[What you need to do]:
Output only the lines below from the one containing "λ _. read_claim-Once" to the one containing "claims = r.claims", exactly as written, both ends kept.
---- Supplied records
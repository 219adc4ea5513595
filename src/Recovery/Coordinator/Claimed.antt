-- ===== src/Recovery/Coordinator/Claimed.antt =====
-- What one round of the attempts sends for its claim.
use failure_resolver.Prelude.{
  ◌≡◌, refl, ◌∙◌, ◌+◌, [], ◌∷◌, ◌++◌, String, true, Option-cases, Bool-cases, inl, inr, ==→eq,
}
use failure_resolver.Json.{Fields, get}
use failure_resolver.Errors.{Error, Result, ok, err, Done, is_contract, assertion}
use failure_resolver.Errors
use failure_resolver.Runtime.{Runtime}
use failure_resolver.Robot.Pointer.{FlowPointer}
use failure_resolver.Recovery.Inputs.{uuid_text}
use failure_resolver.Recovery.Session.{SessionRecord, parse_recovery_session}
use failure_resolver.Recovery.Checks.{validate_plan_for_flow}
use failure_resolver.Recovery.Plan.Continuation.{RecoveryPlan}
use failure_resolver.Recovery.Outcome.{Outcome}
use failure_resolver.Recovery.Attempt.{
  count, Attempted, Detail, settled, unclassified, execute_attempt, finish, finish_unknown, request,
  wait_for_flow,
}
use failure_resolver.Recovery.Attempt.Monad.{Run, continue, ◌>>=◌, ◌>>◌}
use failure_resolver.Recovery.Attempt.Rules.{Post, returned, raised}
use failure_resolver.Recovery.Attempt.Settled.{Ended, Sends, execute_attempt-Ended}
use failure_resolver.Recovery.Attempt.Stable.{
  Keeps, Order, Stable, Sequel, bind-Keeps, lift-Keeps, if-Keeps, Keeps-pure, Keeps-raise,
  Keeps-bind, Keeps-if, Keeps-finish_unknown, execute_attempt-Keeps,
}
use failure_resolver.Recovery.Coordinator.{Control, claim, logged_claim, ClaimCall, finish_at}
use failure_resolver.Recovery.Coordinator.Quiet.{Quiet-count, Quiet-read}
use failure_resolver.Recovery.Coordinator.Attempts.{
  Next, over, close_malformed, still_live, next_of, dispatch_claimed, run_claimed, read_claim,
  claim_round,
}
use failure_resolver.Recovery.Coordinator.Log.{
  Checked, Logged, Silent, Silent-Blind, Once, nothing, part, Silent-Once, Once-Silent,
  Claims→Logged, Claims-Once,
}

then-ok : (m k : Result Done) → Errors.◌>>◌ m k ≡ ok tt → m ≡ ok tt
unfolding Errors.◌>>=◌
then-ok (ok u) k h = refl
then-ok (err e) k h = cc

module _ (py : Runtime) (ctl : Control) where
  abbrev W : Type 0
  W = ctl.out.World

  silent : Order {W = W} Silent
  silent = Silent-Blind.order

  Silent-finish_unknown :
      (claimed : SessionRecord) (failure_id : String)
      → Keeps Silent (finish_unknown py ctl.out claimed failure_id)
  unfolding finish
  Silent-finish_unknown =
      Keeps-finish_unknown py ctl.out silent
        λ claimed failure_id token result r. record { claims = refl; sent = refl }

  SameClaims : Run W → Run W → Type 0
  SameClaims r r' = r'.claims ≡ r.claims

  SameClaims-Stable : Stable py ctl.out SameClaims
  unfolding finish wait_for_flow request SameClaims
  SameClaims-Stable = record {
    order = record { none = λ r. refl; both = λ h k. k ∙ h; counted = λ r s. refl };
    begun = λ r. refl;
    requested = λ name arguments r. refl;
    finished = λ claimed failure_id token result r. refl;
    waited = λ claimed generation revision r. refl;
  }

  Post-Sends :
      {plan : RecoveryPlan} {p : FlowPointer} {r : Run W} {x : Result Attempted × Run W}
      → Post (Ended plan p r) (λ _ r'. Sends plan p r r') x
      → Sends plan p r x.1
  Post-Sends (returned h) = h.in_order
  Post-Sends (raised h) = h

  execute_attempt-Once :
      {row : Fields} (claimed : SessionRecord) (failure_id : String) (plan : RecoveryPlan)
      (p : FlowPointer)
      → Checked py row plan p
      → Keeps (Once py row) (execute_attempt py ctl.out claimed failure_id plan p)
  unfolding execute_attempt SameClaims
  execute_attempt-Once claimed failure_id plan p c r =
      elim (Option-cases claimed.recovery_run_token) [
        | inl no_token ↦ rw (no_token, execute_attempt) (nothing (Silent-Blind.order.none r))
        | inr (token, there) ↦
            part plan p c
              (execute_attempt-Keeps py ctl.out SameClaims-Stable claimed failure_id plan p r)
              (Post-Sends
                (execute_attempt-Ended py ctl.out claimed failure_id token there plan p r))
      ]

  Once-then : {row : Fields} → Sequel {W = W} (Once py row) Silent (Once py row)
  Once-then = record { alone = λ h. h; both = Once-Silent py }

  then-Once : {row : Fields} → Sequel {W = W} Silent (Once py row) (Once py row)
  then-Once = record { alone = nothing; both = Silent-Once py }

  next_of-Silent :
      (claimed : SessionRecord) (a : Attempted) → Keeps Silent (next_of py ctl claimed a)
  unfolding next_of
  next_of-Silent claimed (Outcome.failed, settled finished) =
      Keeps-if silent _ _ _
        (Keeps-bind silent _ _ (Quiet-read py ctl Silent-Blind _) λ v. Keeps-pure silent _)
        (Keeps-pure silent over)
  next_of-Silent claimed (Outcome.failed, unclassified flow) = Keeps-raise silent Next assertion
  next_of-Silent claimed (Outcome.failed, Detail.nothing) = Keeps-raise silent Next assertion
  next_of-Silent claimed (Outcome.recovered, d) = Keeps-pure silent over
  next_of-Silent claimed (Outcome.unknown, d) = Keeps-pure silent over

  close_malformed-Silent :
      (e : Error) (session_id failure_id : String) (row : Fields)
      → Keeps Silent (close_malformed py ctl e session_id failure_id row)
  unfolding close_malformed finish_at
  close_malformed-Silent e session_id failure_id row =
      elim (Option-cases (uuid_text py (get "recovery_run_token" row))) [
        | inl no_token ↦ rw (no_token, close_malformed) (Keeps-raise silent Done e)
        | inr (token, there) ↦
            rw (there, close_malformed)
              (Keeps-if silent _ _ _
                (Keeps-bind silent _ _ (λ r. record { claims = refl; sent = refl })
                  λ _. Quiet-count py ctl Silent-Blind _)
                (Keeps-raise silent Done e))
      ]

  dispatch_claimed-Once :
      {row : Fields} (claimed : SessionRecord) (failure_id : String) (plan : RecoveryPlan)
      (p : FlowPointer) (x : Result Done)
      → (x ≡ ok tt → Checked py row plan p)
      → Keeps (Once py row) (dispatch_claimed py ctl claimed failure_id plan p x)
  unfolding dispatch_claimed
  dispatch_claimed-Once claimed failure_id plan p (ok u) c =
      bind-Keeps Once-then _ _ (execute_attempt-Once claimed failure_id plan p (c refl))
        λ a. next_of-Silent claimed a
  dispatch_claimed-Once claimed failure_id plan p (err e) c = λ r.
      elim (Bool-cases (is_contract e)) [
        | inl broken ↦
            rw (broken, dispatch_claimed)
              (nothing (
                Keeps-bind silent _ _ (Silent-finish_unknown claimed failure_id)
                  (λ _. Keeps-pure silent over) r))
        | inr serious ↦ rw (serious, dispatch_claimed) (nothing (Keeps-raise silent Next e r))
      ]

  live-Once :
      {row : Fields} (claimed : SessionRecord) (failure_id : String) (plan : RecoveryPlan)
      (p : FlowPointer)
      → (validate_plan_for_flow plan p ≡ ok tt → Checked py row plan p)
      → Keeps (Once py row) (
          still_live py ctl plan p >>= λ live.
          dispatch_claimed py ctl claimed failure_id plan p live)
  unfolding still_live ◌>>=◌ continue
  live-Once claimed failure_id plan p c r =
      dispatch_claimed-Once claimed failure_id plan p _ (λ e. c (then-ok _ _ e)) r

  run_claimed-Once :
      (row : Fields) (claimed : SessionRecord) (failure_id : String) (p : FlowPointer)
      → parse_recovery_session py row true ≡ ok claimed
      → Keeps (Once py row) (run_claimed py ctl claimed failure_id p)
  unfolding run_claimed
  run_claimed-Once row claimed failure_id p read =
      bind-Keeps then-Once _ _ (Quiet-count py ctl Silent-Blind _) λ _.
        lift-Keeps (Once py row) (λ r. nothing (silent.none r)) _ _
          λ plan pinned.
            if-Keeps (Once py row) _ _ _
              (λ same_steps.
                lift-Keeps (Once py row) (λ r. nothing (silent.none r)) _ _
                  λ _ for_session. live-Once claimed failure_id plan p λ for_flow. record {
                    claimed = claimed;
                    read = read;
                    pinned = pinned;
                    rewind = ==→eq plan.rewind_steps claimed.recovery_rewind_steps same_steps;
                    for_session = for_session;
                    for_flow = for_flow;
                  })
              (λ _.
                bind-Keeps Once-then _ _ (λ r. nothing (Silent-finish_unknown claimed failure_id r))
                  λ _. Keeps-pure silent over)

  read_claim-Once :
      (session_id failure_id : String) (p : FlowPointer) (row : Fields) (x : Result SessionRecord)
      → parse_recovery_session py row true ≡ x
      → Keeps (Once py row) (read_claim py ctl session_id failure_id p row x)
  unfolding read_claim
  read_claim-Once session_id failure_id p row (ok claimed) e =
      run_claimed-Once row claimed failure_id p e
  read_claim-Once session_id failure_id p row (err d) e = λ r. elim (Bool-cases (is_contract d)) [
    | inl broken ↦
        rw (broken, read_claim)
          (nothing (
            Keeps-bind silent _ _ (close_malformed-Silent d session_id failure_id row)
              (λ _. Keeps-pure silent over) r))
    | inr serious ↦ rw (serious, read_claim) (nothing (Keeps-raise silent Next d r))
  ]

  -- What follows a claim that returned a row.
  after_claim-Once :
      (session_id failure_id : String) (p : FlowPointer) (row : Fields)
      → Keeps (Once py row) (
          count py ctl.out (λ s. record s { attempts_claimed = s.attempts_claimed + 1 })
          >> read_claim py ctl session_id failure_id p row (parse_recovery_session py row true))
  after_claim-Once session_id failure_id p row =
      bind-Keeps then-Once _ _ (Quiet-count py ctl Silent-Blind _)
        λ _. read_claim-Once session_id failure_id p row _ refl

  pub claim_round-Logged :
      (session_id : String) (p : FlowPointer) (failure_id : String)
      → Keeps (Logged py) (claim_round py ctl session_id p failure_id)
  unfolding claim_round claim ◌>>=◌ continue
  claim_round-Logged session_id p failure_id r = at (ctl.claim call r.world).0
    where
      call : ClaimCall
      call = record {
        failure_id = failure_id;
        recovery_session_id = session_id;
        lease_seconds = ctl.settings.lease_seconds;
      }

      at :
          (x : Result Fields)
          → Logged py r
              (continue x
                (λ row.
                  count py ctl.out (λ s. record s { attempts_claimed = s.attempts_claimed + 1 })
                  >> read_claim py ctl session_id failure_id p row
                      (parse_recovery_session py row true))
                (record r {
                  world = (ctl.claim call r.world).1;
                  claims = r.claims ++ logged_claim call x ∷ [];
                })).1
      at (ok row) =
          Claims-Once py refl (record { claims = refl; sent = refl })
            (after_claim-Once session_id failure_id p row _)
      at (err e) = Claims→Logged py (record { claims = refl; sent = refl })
--------
[Answer area]:
        λ _. read_claim-Once session_id failure_id p row _ refl

  pub claim_round-Logged :
      (session_id : String) (p : FlowPointer) (failure_id : String)
      → Keeps (Logged py) (claim_round py ctl session_id p failure_id)
  unfolding claim_round claim ◌>>=◌ continue
  claim_round-Logged session_id p failure_id r = at (ctl.claim call r.world).0
    where
      call : ClaimCall
      call = record {
        failure_id = failure_id;
        recovery_session_id = session_id;
        lease_seconds = ctl.settings.lease_seconds;
      }

      at :
          (x : Result Fields)
          → Logged py r
              (continue x
                (λ row.
                  count py ctl.out (λ s. record s { attempts_claimed = s.attempts_claimed + 1 })
                  >> read_claim py ctl session_id failure_id p row
                      (parse_recovery_session py row true))
                (record r {
                  world = (ctl.claim call r.world).1;
                  claims = r.claims ++ logged_claim call x ∷ [];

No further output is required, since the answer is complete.